My theory: Somebody has gone into your repo using "fossil sql" or just a plan "sqlite3" command-line tool and run "DELETE" on the BLOB table to get rid of the oversized artifacts.

There could be some obscure bug in Fossil that is causing this problem. But until I have a repro case or other evidence, I'm going with the theory of manual human corruption of the BLOB table.

(28) By abhijit (abhijitnandy) on 2021-12-18 20:29:47 in reply to 25 [link] [source]

I do not believe that a "client_max_body_size" or similar restriction on the web server will cause this problem.

I agree with you Richard. I was thinking about this afterwards, because otherwise the fossil sync command itself would have caused a similar problem.

Somebody has gone into your repo using "fossil sql" or just a plan "sqlite3" command-line tool and run "DELETE" on the BLOB table to get rid of the oversized artifacts.

The team members don't have access to the server, so that wouldn't happen. I'll confirm, however. Either way, something like that would be an absolute no-no in our organization.

Also, when situations like this occur, usually we end up trying multiple things before we reach out to help.
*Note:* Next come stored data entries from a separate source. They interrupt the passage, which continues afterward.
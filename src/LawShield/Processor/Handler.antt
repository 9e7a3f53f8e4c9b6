-- ===== src/LawShield/Processor/Handler.antt =====
-- `createDurableProcessorServer` of law-shield/lawshield/durable/processor.js: routing, the kill
-- switch and the bearer token.
pub mod Guards
use text.Mathlib.Text.{starts_with}
use arma_partner_api_sandbox.Prelude.{
  ℕ, String, Bool, true, false, not, ◌&&◌, ◌||◌, Option, none, some, ◌==◌, ◌<+>◌, ◌≡◌, refl, Result,
  ok, err, if◌then◌else◌, Bool-cases, inl, inr, arith, codes, map, in_range, ◌+◌,
}
use arma_partner_api_sandbox.Governance.Classification.{same_codes}
use arma_partner_api_sandbox.LawShield.Store.{Store}
use arma_partner_api_sandbox.LawShield.Envelope.{Platform, integration_schema_version}
use arma_partner_api_sandbox.LawShield.Processor.{read_forwarded_headers, Outcome}
use arma_partner_api_sandbox.LawShield.Processor.Decide.{process_transfer_request}
use arma_partner_api_sandbox.LawShield.Processor.Status.{StatusResponse, build_status_response}

-- LAW_SHIELD_PROCESSOR_DISABLED, and the token of the server or of the environment
pub record Settings : Type 0 where
  pub disabled : Option String
  pub token : Option String
  pub processor_token : Option String

-- `readRawBody`: the text, or the error's message
pub data RawBody : Type 0 where
  read : String → RawBody
  unread : String → RawBody

-- `search` is the value of a query parameter.
pub record HttpRequest : Type 0 where
  pub method : String
  pub url : String
  pub search : String → Option String
  pub headers : String → Option String
  pub body : RawBody

pub data Reply : Type 0 where
  failed : ℕ → String → Reply
  outcome : Outcome → Reply
  status : StatusResponse → Reply

unfoldable pub lower : ℕ → ℕ
lower c = if in_range b'A' b'Z' c then c + 32 else c

unfoldable pub processor_disabled : Option String → Bool
unfolding lower
processor_disabled none = false
processor_disabled (some s) = same_codes (map lower (codes s)) (codes "true")

unfoldable pub expected_token : Settings → Option String
expected_token c = elim c.token [ none ↦ c.processor_token | some t ↦ some t ]

-- The texts are equal exactly when the prefix is there and what follows it is the token.
unfoldable pub is_bearer : Option String → Option String → Bool
is_bearer none provided = false
is_bearer (some expected) none = false
is_bearer (some expected) (some provided) =
    not (expected == "") && provided == "Bearer " <+> expected

unfoldable pub authorized : Settings → HttpRequest → Bool
unfolding expected_token is_bearer
authorized c r = is_bearer (expected_token c) (r.headers "authorization")

unfoldable pub is_process_url : String → Bool
is_process_url url = url == "/process" || url == "/"

unfoldable pub is_status_url : String → Bool
is_status_url url = url == "/status" || starts_with url "/status?"

reply_of : Result Outcome → Reply
reply_of (ok o) = outcome o
reply_of (err code) = failed 503 "PROCESSOR_UNAVAILABLE"

unfoldable pub handle_body :
    Platform → Settings → HttpRequest → (now clock : ℕ) → RawBody → Store → Reply × Store
unfolding reply_of
handle_body p c r now clock (unread message) s =
    (failed (if message == "PAYLOAD_TOO_LARGE" then 413 else 400) message, s)
handle_body p c r now clock (read raw_body) s =
    let (x, s') =
      process_transfer_request p
        (record {
          raw_body = raw_body;
          forwarded = read_forwarded_headers r.headers;
          now = now;
          clock = clock;
          is_disabled = processor_disabled c.disabled;
        })
        s in
    (reply_of x, s')

given : Option String → Bool
given none = false
given (some s) = not (s == "")

or_default : Option String → String
or_default none = integration_schema_version
or_default (some s) = s

unfoldable pub handle_status : HttpRequest → Store → Reply
unfolding given or_default
handle_status r s =
    if not (given (r.search "transferId")) && not (given (r.search "idempotencyKey"))
    then failed 400 "STATUS_LOOKUP_CRITERIA_REQUIRED"
    else if not (or_default (r.search "schemaVersion") == integration_schema_version)
    then failed 422 "SCHEMA_VERSION_UNSUPPORTED"
    else status (
        build_status_response s (r.search "transferId") (r.search "idempotencyKey")
          (or_default (r.search "schemaVersion")))

-- `durableProcessorHandler`
unfoldable pub handle : Platform → Settings → HttpRequest → (now clock : ℕ) → Store → Reply × Store
unfolding handle_body handle_status
handle p c r now clock s =
    if processor_disabled c.disabled
    then (failed 503 "PROCESSOR_DISABLED", s)
    else if r.method == "POST" && is_process_url r.url
    then (if not (authorized c r)
        then (failed 401 "PROCESSOR_AUTH_FAILED", s)
        else handle_body p c r now clock r.body s)
    else if r.method == "GET" && is_status_url r.url
    then (if not (authorized c r)
        then (failed 401 "PROCESSOR_AUTH_FAILED", s)
        else (handle_status r s, s))
    else (failed 404 "NOT_FOUND", s)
I think that is what occurred in this case, before they approached me. It's probably a little difficult to trace back all the steps taken when things go unexpectedly!

There could be some obscure bug in Fossil that is causing this problem. But until I have a repro case or other evidence, I'm going with the theory of manual human corruption of the BLOB table.
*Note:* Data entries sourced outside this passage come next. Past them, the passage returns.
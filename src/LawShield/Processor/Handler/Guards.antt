-- ===== src/LawShield/Processor/Handler/Guards.antt =====
-- Whom `createDurableProcessorServer` of law-shield/lawshield/durable/processor.js serves.
use arma_partner_api_sandbox.Prelude.{
  ℕ, String, Bool, true, false, not, ◌&&◌, Option, none, some, ◌==◌, ◌<+>◌, ◌≡◌, ◌≢◌, ◌⊎◌, inl, inr,
  refl, sym, ap, ◌∙◌, Bool-cases, arith, codes, map, eq_iff, List, [], ◌∷◌,
}
use arma_partner_api_sandbox.Governance.Classification.{same_codes}
use arma_partner_api_sandbox.LawShield.Store.{Store}
use arma_partner_api_sandbox.LawShield.Envelope.{Platform}
use arma_partner_api_sandbox.LawShield.Processor.Handler.{
  Settings, HttpRequest, Reply, failed, outcome, status, lower, processor_disabled, expected_token,
  is_bearer, authorized, is_process_url, is_status_url, handle,
}

-- The two answers that carry what the store holds.
unfoldable pub IsOpen : Reply → Type 0
IsOpen (failed code message) = ⊥
IsOpen (outcome o) = Unit {0}
IsOpen (status r) = Unit {0}

-- The request is answered so, or changes the store.
unfoldable pub Acts : Store → Reply × Store → Type 0
Acts s (reply, s') = IsOpen reply ⊎ (s' ≢ s)

-- The switch is not the word true in any letters, a token is configured, of the server or else of the
-- environment, and the request bears it.
pub record IsServed (c : Settings) (r : HttpRequest) : Type 0 where
  pub enabled :
      (switch : String) → c.disabled ≡ some switch → map lower (codes switch) ≢ codes "true"
  pub token : String
  pub configured : (c.token ≡ some token) ⊎ ((c.token ≡ none) × (c.processor_token ≡ some token))
  pub is_given : token ≢ ""
  pub borne : r.headers "authorization" ≡ some ("Bearer " <+> token)
  pub routed :
      ((r.method ≡ "POST") × ((r.url ≡ "/process") ⊎ (r.url ≡ "/")))
      ⊎ ((r.method ≡ "GET") × (is_status_url r.url ≡ true))

same_codes_refl : (xs : List ℕ) → same_codes xs xs ≡ true
unfolding same_codes
same_codes_refl [] = refl
same_codes_refl (x ∷ xs) = ground (arith, same_codes_refl xs)

processor_disabled-false :
    (o : Option String) (switch : String)
    → processor_disabled o ≡ false
    → o ≡ some switch
    → map lower (codes switch) ≢ codes "true"
unfolding processor_disabled
processor_disabled-false none switch h e t = absurd (cc e)
processor_disabled-false (some x) switch h e t =
    let off : same_codes (map lower (codes switch)) (codes "true") ≡ false =
      ap processor_disabled (sym e) ∙ h in
    absurd (cc (off, ap (λ xs. same_codes xs (codes "true")) t, same_codes_refl (codes "true")))

expected_token-some :
    (c : Settings) (t : String)
    → expected_token c ≡ some t
    → (c.token ≡ some t) ⊎ ((c.token ≡ none) × (c.processor_token ≡ some t))
unfolding expected_token
expected_token-some c t h = token_cases c.token c.processor_token t h
  where
    token_cases :
        (o p : Option String) (t : String)
        → (elim o [ none ↦ p | some u ↦ some u ]) ≡ some t
        → (o ≡ some t) ⊎ ((o ≡ none) × (p ≡ some t))
    token_cases none p t h = inr (refl, h)
    token_cases (some u) p t h = inl h

both : (a b : Bool) → a && b ≡ true → (a ≡ true) × (b ≡ true)
both true b h = (refl, h)
both false b h = absurd (cc h)

is_bearer-true :
    (o provided : Option String)
    → is_bearer o provided ≡ true
    → (t : String) × (o ≡ some t) × (t ≢ "") × (provided ≡ some ("Bearer " <+> t))
unfolding is_bearer
is_bearer-true none provided h = absurd (cc h)
is_bearer-true (some t) none h = absurd (cc h)
is_bearer-true (some t) (some p) h =
    let (given, borne) = both (not (t == "")) (p == "Bearer " <+> t) h in
    (
      t,
      refl,
      λ e. absurd (cc (given, ap not ((eq_iff t "").1 e))),
      ap some ((eq_iff p ("Bearer " <+> t)).0 borne),
    )

closed : (code : ℕ) (message : String) (s : Store) → Acts s (failed code message, s) → ⊥
unfolding Acts IsOpen
closed code message s (inl o) = o
closed code message s (inr n) = n refl

url_cases : (url : String) → is_process_url url ≡ true → (url ≡ "/process") ⊎ (url ≡ "/")
unfolding is_process_url
url_cases url h = elim (Bool-cases (url == "/process")) [
  | inl p ↦ inl ((eq_iff url "/process").0 p)
  | inr n ↦ inr ((eq_iff url "/").0 (rw n at h))
]

served :
    (c : Settings) (r : HttpRequest)
    → processor_disabled c.disabled ≡ false
    → authorized c r ≡ true
    → ((r.method ≡ "POST") × ((r.url ≡ "/process") ⊎ (r.url ≡ "/")))
      ⊎ ((r.method ≡ "GET") × (is_status_url r.url ≡ true))
    → IsServed c r
unfolding authorized
served c r off granted route =
    let (t, configured, given, borne) =
      is_bearer-true (expected_token c) (r.headers "authorization") granted in
    record {
      enabled = λ switch. processor_disabled-false c.disabled switch off;
      token = t;
      configured = expected_token-some c t configured;
      is_given = given;
      borne = borne;
      routed = route;
    }

-- A request that changes the store, or is answered with an outcome or a status, comes while the kill
-- switch is not the word true in any letters, bears the configured token, which is not empty, and is a
-- POST to /process or /, or a GET of a status address.
pub handle-IsServed :
    (p : Platform) (c : Settings) (r : HttpRequest) (now clock : ℕ) (s : Store)
    → Acts s (handle p c r now clock s)
    → IsServed c r
unfolding handle
handle-IsServed p c r now clock s h = elim (Bool-cases (processor_disabled c.disabled)) [
  | inl d ↦ absurd (closed _ _ s (rw d at h))
  | inr d ↦ elim (Bool-cases (authorized c r)) [
    | inl a ↦ elim (Bool-cases (r.method == "POST" && is_process_url r.url)) [
      | inl m ↦
          let (method, url) = both (r.method == "POST") (is_process_url r.url) m in
          served c r d a (inl ((eq_iff r.method "POST").0 method, url_cases r.url url))
      | inr m ↦ elim (Bool-cases (r.method == "GET" && is_status_url r.url)) [
        | inl g ↦
            let (method, url) = both (r.method == "GET") (is_status_url r.url) g in
            served c r d a (inr ((eq_iff r.method "GET").0 method, url))
        | inr g ↦ absurd (closed _ _ s (rw (d, m, g) at h))
      ]
    ]
    | inr a ↦ elim (Bool-cases (r.method == "POST" && is_process_url r.url)) [
      | inl m ↦ absurd (closed _ _ s (rw (d, m, a) at h))
      | inr m ↦ elim (Bool-cases (r.method == "GET" && is_status_url r.url)) [
        | inl g ↦ absurd (closed _ _ s (rw (d, m, g, a) at h))
        | inr g ↦ absurd (closed _ _ s (rw (d, m, g) at h))
      ]
    ]
  ]
]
I have no issues with sharing the repository. I've already shared the access details with Stephan and he has cloned the corrupted repository.

As of now though, since the corruption is fixed, cloning will not show any issues in the repository.
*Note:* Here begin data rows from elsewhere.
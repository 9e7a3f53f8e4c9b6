-- ===== src/LawShield/Reconciliation/Resolved.antt =====
-- Who may have resolved a reconciliation of law-shield/arma/reconciliation.js.
use mathlib.Core.Path.{subst}
use arma_partner_api_sandbox.Prelude.{
  ℕ, ◌≤◌, String, true, false, Option, none, some, List, [], ◌∷◌, ◌≡◌, ◌⊎◌, inl, inr, refl, sym, ap,
  ◌∙◌, ◌==◌, Result, ok, err, guard, ◌>>◌, eq_iff, Bool-cases, arith,
}
use arma_partner_api_sandbox.Prelude.Map.{Map, get, get-set, get-empty}
use arma_partner_api_sandbox.Prelude.Json.{utf16_length}
use arma_partner_api_sandbox.LawShield.Processor.Permitted.{ok-guard}
use arma_partner_api_sandbox.LawShield.Reconciliation.Authorizer.{
  IsAuthorizer, bind-ok, then-ok, present-ok, check_human-ok, enough,
}
use arma_partner_api_sandbox.LawShield.Reconciliation.{
  Directory, org_of, belongs_to_org, trim, Reconciliation, Store, get_reconciliation, put,
  Discrepancy, opened, is_opened, open_reconciliation, store_resolve, Resolution, text_or, present,
  check_human, check_resolution, resolve_checked, resolve_reconciliation, approval_of,
  reconciliation_reopen_approval,
}

-- The record names such a user of the transfer's organization, and a note of at least 10 units.
pub record IsSettled (d : Directory) (orgs : Map String) (transfer_id : String) (r : Reconciliation)
    : Type 0 where
  pub user_id : String
  pub org_id : String
  pub note : String
  pub resolver : r.authorized_resolver_user_id ≡ some user_id
  pub of_transfer : get transfer_id orgs ≡ some org_id
  pub authorizer : IsAuthorizer d user_id org_id
  pub noted : r.resolution_note ≡ some note
  pub long : 10 ≤ utf16_length note

-- Each record is open or was settled by such a user.
unfoldable pub IsSound : Directory → Store → Type 0
IsSound d s =
    (transfer_id : String) (r : Reconciliation)
    → get transfer_id s.reconciliations ≡ some r
    → (r.resolution_status ≡ "OPEN") ⊎ IsSettled d s.transfer_orgs transfer_id r

-- What the service does with reconciliations.
pub data Op : Type 0 where
  to_open : Discrepancy → ℕ → Op
  to_resolve : Option String → Resolution → ℕ → Op

unfoldable pub run : Directory → List Op → Store → Store
run d [] s = s
run d (to_open x now ∷ ops) s = run d ops (open_reconciliation x now s)
run d (to_resolve actor x now ∷ ops) s = run d ops (resolve_reconciliation d actor x now s).1

check_resolution-ok :
    (s : Store) (d : Directory) (actor : Option String) (x : Resolution)
    (user_id note status : String)
    → check_resolution s d actor x ≡ ok (user_id, note, status)
    → (org_id : String) × (get x.transfer_id s.transfer_orgs ≡ some org_id)
      × IsAuthorizer d user_id org_id
      × (10 ≤ utf16_length note)
unfolding check_resolution belongs_to_org org_of
check_resolution-ok s d actor x user_id note status h =
    let res : String × String × String = (user_id, note, status) in
    let (id, checked, h1) = bind-ok (check_human d actor _) _ res h in
    let (org_id, found, h2) = bind-ok (present _ (get x.transfer_id s.transfer_orgs)) _ res h1 in
    let (checks, h3) = then-ok (guard (belongs_to_org d id org_id) _ >> _ >> _) _ res h2 in
    let (first, long) = then-ok (guard (belongs_to_org d id org_id) _ >> _) _ tt checks in
    let (org, _) = then-ok (guard (belongs_to_org d id org_id) _) _ tt first in
    let same : id ≡ user_id = cc h3 in
    let same_note : trim (text_or "" x.note) ≡ note = cc h3 in
    let (user, known, human, role, _) = check_human-ok d actor _ id checked in
    let of_org : (user.org_id == org_id) ≡ true =
      sym (ap (λ o. org_of o org_id) known) ∙ ok-guard _ _ org in
    (
      org_id,
      present-ok _ _ org_id found,
      record {
        user = user;
        found = ap (λ i. get i d) (sym same) ∙ known;
        human = human;
        role = role;
        org = (eq_iff user.org_id org_id).0 of_org;
      },
      enough _ _ (ok-guard _ _ long) same_note,
    )

-- Writing an open or settled record.
put-IsSound :
    (d : Directory) (k : String) (r : Reconciliation) (s : Store)
    → (r.resolution_status ≡ "OPEN") ⊎ IsSettled d s.transfer_orgs k r
    → IsSound d s
    → IsSound d (put k r s)
unfolding IsSound put
put-IsSound d k r s q v j r' h = elim (Bool-cases (k == j)) [
  | inl same ↦
      let written : r ≡ r' = ground (arith, get-set k j r s.reconciliations) in
      subst (λ x. (x.resolution_status ≡ "OPEN") ⊎ IsSettled d s.transfer_orgs j x) written
        (subst (λ i. (r.resolution_status ≡ "OPEN") ⊎ IsSettled d s.transfer_orgs i r)
          ((eq_iff k j).0 same) q)
  | inr other ↦ v j r' (ground (arith, get-set k j r s.reconciliations))
]

store_resolve-IsSound :
    (d : Directory) (k user_id note status : String) (now : ℕ) (o : Option Reconciliation)
    (s : Store)
    → (org_id : String) × (get k s.transfer_orgs ≡ some org_id)
      × IsAuthorizer d user_id org_id
      × (10 ≤ utf16_length note)
    → IsSound d s
    → IsSound d (store_resolve k user_id note status now o s).1
unfolding store_resolve
store_resolve-IsSound d k user_id note status now none s a v = v
store_resolve-IsSound d k user_id note status now (some r) s (org_id, f, a, l) v =
    elim (Bool-cases (r.resolution_status == "RESOLVED")) [
      | inl done ↦ rw done v
      | inr undone ↦ rw undone (
          put-IsSound d k _ s
            (inr (record {
              user_id = user_id;
              org_id = org_id;
              note = note;
              resolver = refl;
              of_transfer = f;
              authorizer = a;
              noted = refl;
              long = l;
            }))
            v)
    ]

resolve_checked-IsSound :
    (d : Directory) (transfer_id : String) (now : ℕ) (s : Store)
    (c : Result (String × String × String))
    → ((user_id note status : String)
        → c ≡ ok (user_id, note, status)
        → (org_id : String) × (get transfer_id s.transfer_orgs ≡ some org_id)
          × IsAuthorizer d user_id org_id
          × (10 ≤ utf16_length note))
    → IsSound d s
    → IsSound d (resolve_checked transfer_id now c s).1
unfolding resolve_checked
resolve_checked-IsSound d k now s (err e) h v = v
resolve_checked-IsSound d k now s (ok (user_id, note, status)) h v =
    store_resolve-IsSound d k user_id note status now (get_reconciliation s k) s
      (h user_id note status refl) v

open_reconciliation-IsSound :
    (d : Directory) (x : Discrepancy) (now : ℕ) (s : Store)
    → IsSound d s
    → IsSound d (open_reconciliation x now s)
unfolding open_reconciliation opened
open_reconciliation-IsSound d x now s v =
    elim (Bool-cases (is_opened (get_reconciliation s x.transfer_id))) [
      | inl already ↦ rw already v
      | inr absent ↦ rw absent (put-IsSound d x.transfer_id (opened x now) s (inl refl) v)
    ]

run-IsSound : (d : Directory) (ops : List Op) (s : Store) → IsSound d s → IsSound d (run d ops s)
unfolding run resolve_reconciliation
run-IsSound d [] s v = v
run-IsSound d (to_open x now ∷ ops) s v =
    run-IsSound d ops (open_reconciliation x now s) (open_reconciliation-IsSound d x now s v)
run-IsSound d (to_resolve actor x now ∷ ops) s v =
    run-IsSound d ops (resolve_reconciliation d actor x now s).1 (
      resolve_checked-IsSound d x.transfer_id now s (check_resolution s d actor x)
        (check_resolution-ok s d actor x) v)

approval_of-settled :
    (A : Reconciliation → Type 0) (o : Option Reconciliation) (reason : String)
    → ((r : Reconciliation) → o ≡ some r → (r.resolution_status ≡ "OPEN") ⊎ A r)
    → approval_of o ≡ (true, reason)
    → (r : Reconciliation) × (o ≡ some r) × A r
unfolding approval_of
approval_of-settled A none reason v a = absurd (cc a)
approval_of-settled A (some r) reason v a = elim (v r refl) [
  | inl is_open ↦
      let closed : (r.resolution_status == "RESOLVED") ≡ false =
        ap (λ t. t == "RESOLVED") is_open in
      absurd (ground (arith, closed))
  | inr settled ↦ (r, refl, settled)
]

-- Starting without reconciliations, after any openings and attempts to resolve, a transfer may be
-- sent again only if the record kept for it names as its resolver a human user of the transfer's
-- organization (as the store has it at the end) with the authorizer's role, and a note of at least 10 units.
pub may_resend-IsSettled :
    (d : Directory) (ops : List Op) (s : Store) (transfer_id reason : String)
    → s.reconciliations ≡ []
    → reconciliation_reopen_approval (run d ops s) transfer_id ≡ (true, reason)
    → (r : Reconciliation) × (get_reconciliation (run d ops s) transfer_id ≡ some r)
      × IsSettled d (run d ops s).transfer_orgs transfer_id r
unfolding IsSound reconciliation_reopen_approval get_reconciliation
may_resend-IsSettled d ops s k reason h a =
    let v : IsSound d s = λ i r g. absurd (cc (g, ap (get i) h, get-empty i)) in
    approval_of-settled (IsSettled d (run d ops s).transfer_orgs k) _ reason
      (run-IsSound d ops s v k) a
It would be great if you can look into the corrupted repository as well. I can email it to you directly if that's what you prefer.

Fossil has been my go-to version management system for over a decade now and I would be grateful if I can do anything to improve it in my own small way!

Thank you for the wonderful piece of software. Besides SQLite of course :)

(30) By Stephan Beal (stephan) on 2021-12-18 20:40:40 in reply to 28 [link] [source]

I have no issues with sharing the repository. I've already shared the access details with Stephan and he has cloned the corrupted repository.

We have the corrupted clone but we'd ideally need access to the original broken server copy, as opposed to a clone. If you could set up a copy of that for us, you can purge any private info from it with:

$ fossil scrub --verily the-copy-of-the-repo.fossil

See...

$ fossil help scrub
Usage: fossil scrub ?OPTIONS? ?REPOSITORY?

The command removes sensitive information (such as passwords) from a
repository so that the repository can be sent to an untrusted reader.
...

(31.1) By abhijit (abhijitnandy) on 2021-12-18 21:23:44 edited from 31.0 in reply to 30 [link] [source]

I've sent the fossil repository in an email to you and Richard.

Thanks again.

(23) By anonymous on 2021-12-18 03:50:00 in reply to 16 [link] [source]

> Probably the easiest way to check each developer's copy of the repo is
> via this SQL:

Why not just use "fossil test-integrity" on all the developers clones to
find out which one does not report the bad hash errors?

Andy

(24.1) By Stephan Beal (stephan) on 2021-12-18 04:03:48 edited from 24.0 in reply to 23 [link] [source]

Why not just use "fossil test-integrity" on all the developers clones to find out which one does not report the bad hash errors?

~~That would also be an option, it's just not the one which came to mind at the time.~~

Edit: nevermind, that wouldn't be an option. test-integrity reports the RIDs of the corrupted blobs, not their hashes, and the RIDs are not stable across different repository clones.